**HOW TO COMPLETE THIS TASK**
The sole answer should be the number of lines in the material below that hold "record".

**SUPPLIED ENTRIES**
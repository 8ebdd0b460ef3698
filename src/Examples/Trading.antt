-- ===== src/Examples/Trading.antt =====
-- Runs of the gate, the executor, the exits, the strategy, the scorer, the account and the
-- indicators.
use crypto_ai_trader.Base.{
  ◌*◌, ◌≡◌, ◌↔◌, ◌⊎◌, refl, String, List, [], ◌∷◌, last?, Option, none, some, true, false, ok, err,
  validation_error,
}
use crypto_ai_trader.Base.Int.{pos}
use crypto_ai_trader.Decimal.{Decimal, dec, nought, le, lt}
use crypto_ai_trader.Strategies.Base.{buy, sell, TradeCandidate, candidate_is_valid}
use crypto_ai_trader.Strategies.Exits.{ExitSignal, Holding, evaluate, hour}
use crypto_ai_trader.Strategies.Exits.Priority.{Explains, evaluate-Explains}
use crypto_ai_trader.Strategies.Momentum.{generate_momentum_candidate}
use crypto_ai_trader.Strategies.Momentum.Alignment.{
  IsAligned, generate_momentum_candidate-IsAligned,
}
use crypto_ai_trader.Features.Builder.{build_features, CandleFeatures, TrendState, up, neutral}
use crypto_ai_trader.Features.Indicators.{ema, rsi, atr}
use crypto_ai_trader.Risk.Sizing.{PositionSizeResult}
use crypto_ai_trader.Execution.Gate.{
  paper_auto, live_shadow, unknown, ExecutionDecision, paper, blocked, paper_auto_approved, decide,
  compute_execution_route,
}
use crypto_ai_trader.Execution.Gate.Routing.{decide_lem, decide_returns_iff}
use crypto_ai_trader.Portfolio.Accounting.{apply_sell_fill, replay}
use crypto_ai_trader.Portfolio.Accounting.Quantities.{IsHeld, IsCovered, replay-IsHeld}
use crypto_ai_trader.Portfolio.Accounting.Trades.{Moves, apply_sell_fill-Moves}
use crypto_ai_trader.Ai.Scorer.{
  Payload, RawScore, Client, allow, reject, model_validate, score_candidate,
}
use crypto_ai_trader.Ai.Scorer.FailClosed.{Reads, score_candidate-fails_closed}
use crypto_ai_trader.Examples.Data.{
  rising, returned, btc_candidate, unlocked, first_buy, half_sale, empty_account, long_account,
  engine,
}

abbrev paper_decision : ExecutionDecision
paper_decision = record {
  allowed = true;
  route = paper;
  reason = paper_auto_approved;
  mode = paper_auto;
}

decide_example :
    ((true ≡ true) ↔ (
      (false ≡ false)
      × ((paper_auto ≡ paper_auto) × (true ≡ true) ⊎ (paper_auto ≡ live_shadow) × (false ≡ false))))
    × ((true ≡ true) → (paper ≡ compute_execution_route paper_auto))
    × ((true ≡ false) → (paper ≡ blocked))
    × (paper_auto ≡ paper_auto)
unfolding decide
decide_example = decide_lem paper_auto unlocked true false {d = paper_decision} refl

decide_returns_iff_example :
    (decide (unknown "turbo") unlocked true false ≡ err validation_error)
    ↔ ((text : String) × (unknown "turbo" ≡ unknown text))
decide_returns_iff_example = decide_returns_iff (unknown "turbo") unlocked true false

abbrev stake : PositionSizeResult
stake = record {
  approved = true;
  notional_usdt = dec 144 0;
  max_loss_usdt = dec 72 1;
  reject_reasons = [];
}

abbrev held : Holding
held = record {
  symbol = "BTCUSDT";
  position_qty = dec 2 0;
  position_avg_entry = dec 100 0;
  market_price = dec 94 0;
  current_time = 1001 * hour;
  position_opened_at = some (1000 * hour);
}

evaluate-Explains_example :
    (o : Option ExitSignal) × (evaluate engine (some (dec 95 0)) held ≡ ok o)
    × Explains engine (some (dec 95 0)) held o
evaluate-Explains_example = evaluate-Explains engine (some (dec 95 0)) held

abbrev rising_features : TrendState → CandleFeatures
rising_features trend = record {
  symbol = "BTCUSDT";
  timeframe = "15m";
  candle_time = hour;
  close = dec 100 0;
  ema_fast = some (dec 98 0);
  ema_slow = some (dec 96 0);
  ema_200 = none;
  rsi_14 = some (dec 60 0);
  atr_14 = some (dec 25 1);
  volume_ratio = none;
  trend_state = trend;
}

abbrev proposed : TradeCandidate
proposed = record {
  strategy_name = "multi_timeframe_momentum";
  symbol = "BTCUSDT";
  entry_reference = dec 100 0;
  stop_reference = dec 950 1;
  rule_confidence = dec 70 2;
  reason = "15m/1h momentum aligned with non-bearish 4h context.";
  created_at = hour;
}

proposes :
    generate_momentum_candidate "BTCUSDT"
      (rising_features up ∷ [])
      (rising_features up ∷ [])
      (rising_features neutral ∷ [])
      hour
    ≡ ok (some proposed)
unfolding generate_momentum_candidate crypto_ai_trader.Strategies.Momentum.from_latest le
    crypto_ai_trader.Decimal.sub crypto_ai_trader.Decimal.mul
    crypto_ai_trader.Strategies.Base.trade_candidate
    crypto_ai_trader.Strategies.Momentum.momentum_candidate
proposes = refl

generate_momentum_candidate-IsAligned_example :
    (m15 : CandleFeatures) × (h1 : CandleFeatures) × (h4 : CandleFeatures) × (last?
        (rising_features up ∷ [])
      ≡ some m15)
    × (last? (rising_features up ∷ []) ≡ some h1)
    × (last? (rising_features neutral ∷ []) ≡ some h4)
    × IsAligned m15 h1 h4 proposed
    × (proposed.symbol ≡ "BTCUSDT")
    × (candidate_is_valid proposed ≡ true)
generate_momentum_candidate-IsAligned_example =
    generate_momentum_candidate-IsAligned "BTCUSDT" (rising_features up ∷ [])
      (rising_features up ∷ []) (rising_features neutral ∷ []) hour proposes

abbrev raw_reply : RawScore
raw_reply = record {
  ai_score = pos 72;
  market_regime = "trend";
  decision_hint = "allow";
  risk_flags = [];
  explanation = "Momentum is aligned.";
}

abbrev client : Client
client payload = some raw_reply

abbrev sent : Payload
sent = record {
  candidate = btc_candidate;
  trend_15m = up;
  trend_1h = up;
  trend_4h = neutral;
  rsi_14 = some (dec 60 0);
  account_equity = dec 480 0;
  total_position_pct = dec 20 0;
  symbol_position_pct = dec 10 0;
  consecutive_losses = 0;
}

reply-allow : (score_candidate client sent).decision_hint ≡ allow
unfolding score_candidate model_validate crypto_ai_trader.Ai.Scorer.read_score
    crypto_ai_trader.Ai.Scorer.read_regime crypto_ai_trader.Ai.Scorer.read_hint
reply-allow = refl

score_candidate-fails_closed_example :
    (((score_candidate client sent).decision_hint ≡ reject)
      × ((score_candidate client sent).ai_score ≡ 0))
    ⊎ ((raw : RawScore) × (client sent ≡ some raw) × Reads raw (score_candidate client sent))
score_candidate-fails_closed_example = score_candidate-fails_closed client sent

replay-IsHeld_example :
    IsHeld (replay (first_buy ∷ half_sale ∷ []) empty_account).0.positions
    × (((replay (first_buy ∷ half_sale ∷ []) empty_account).1 ≡ ok tt)
        → IsCovered (first_buy ∷ half_sale ∷ []) empty_account)
unfolding le
replay-IsHeld_example =
    replay-IsHeld (first_buy ∷ half_sale ∷ []) empty_account (refl, (refl, tt)) tt

apply_sell_fill-Moves_example :
    Moves half_sale long_account (apply_sell_fill half_sale long_account)
apply_sell_fill-Moves_example = apply_sell_fill-Moves half_sale long_account

abbrev values : List Decimal
values = dec 10 0 ∷ dec 12 0 ∷ dec 11 0 ∷ dec 13 0 ∷ []

abbrev lows : List Decimal
lows = dec 9 0 ∷ dec 10 0 ∷ dec 10 0 ∷ dec 12 0 ∷ []

ema_returns : ema values 3 ≡ ok (returned (ema values 3) [])
unfolding ema crypto_ai_trader.Decimal.div
ema_returns = refl

atr_returns : atr values lows values 2 ≡ ok (returned (atr values lows values 2) [])
unfolding atr crypto_ai_trader.Decimal.div
atr_returns = refl

rsi_returns : rsi values 2 ≡ ok (returned (rsi values 2) [])
unfolding rsi crypto_ai_trader.Decimal.div le crypto_ai_trader.Decimal.sum_from
    crypto_ai_trader.Decimal.add crypto_ai_trader.Decimal.sub crypto_ai_trader.Decimal.neg
    crypto_ai_trader.Decimal.mul
rsi_returns = refl

features_return : build_features (rising 15) ≡ ok (returned (build_features (rising 15)) [])
unfolding build_features ema crypto_ai_trader.Decimal.div rsi le crypto_ai_trader.Decimal.sum_from
    crypto_ai_trader.Decimal.add crypto_ai_trader.Decimal.sub atr
features_return = refl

**TASK RESULT**
7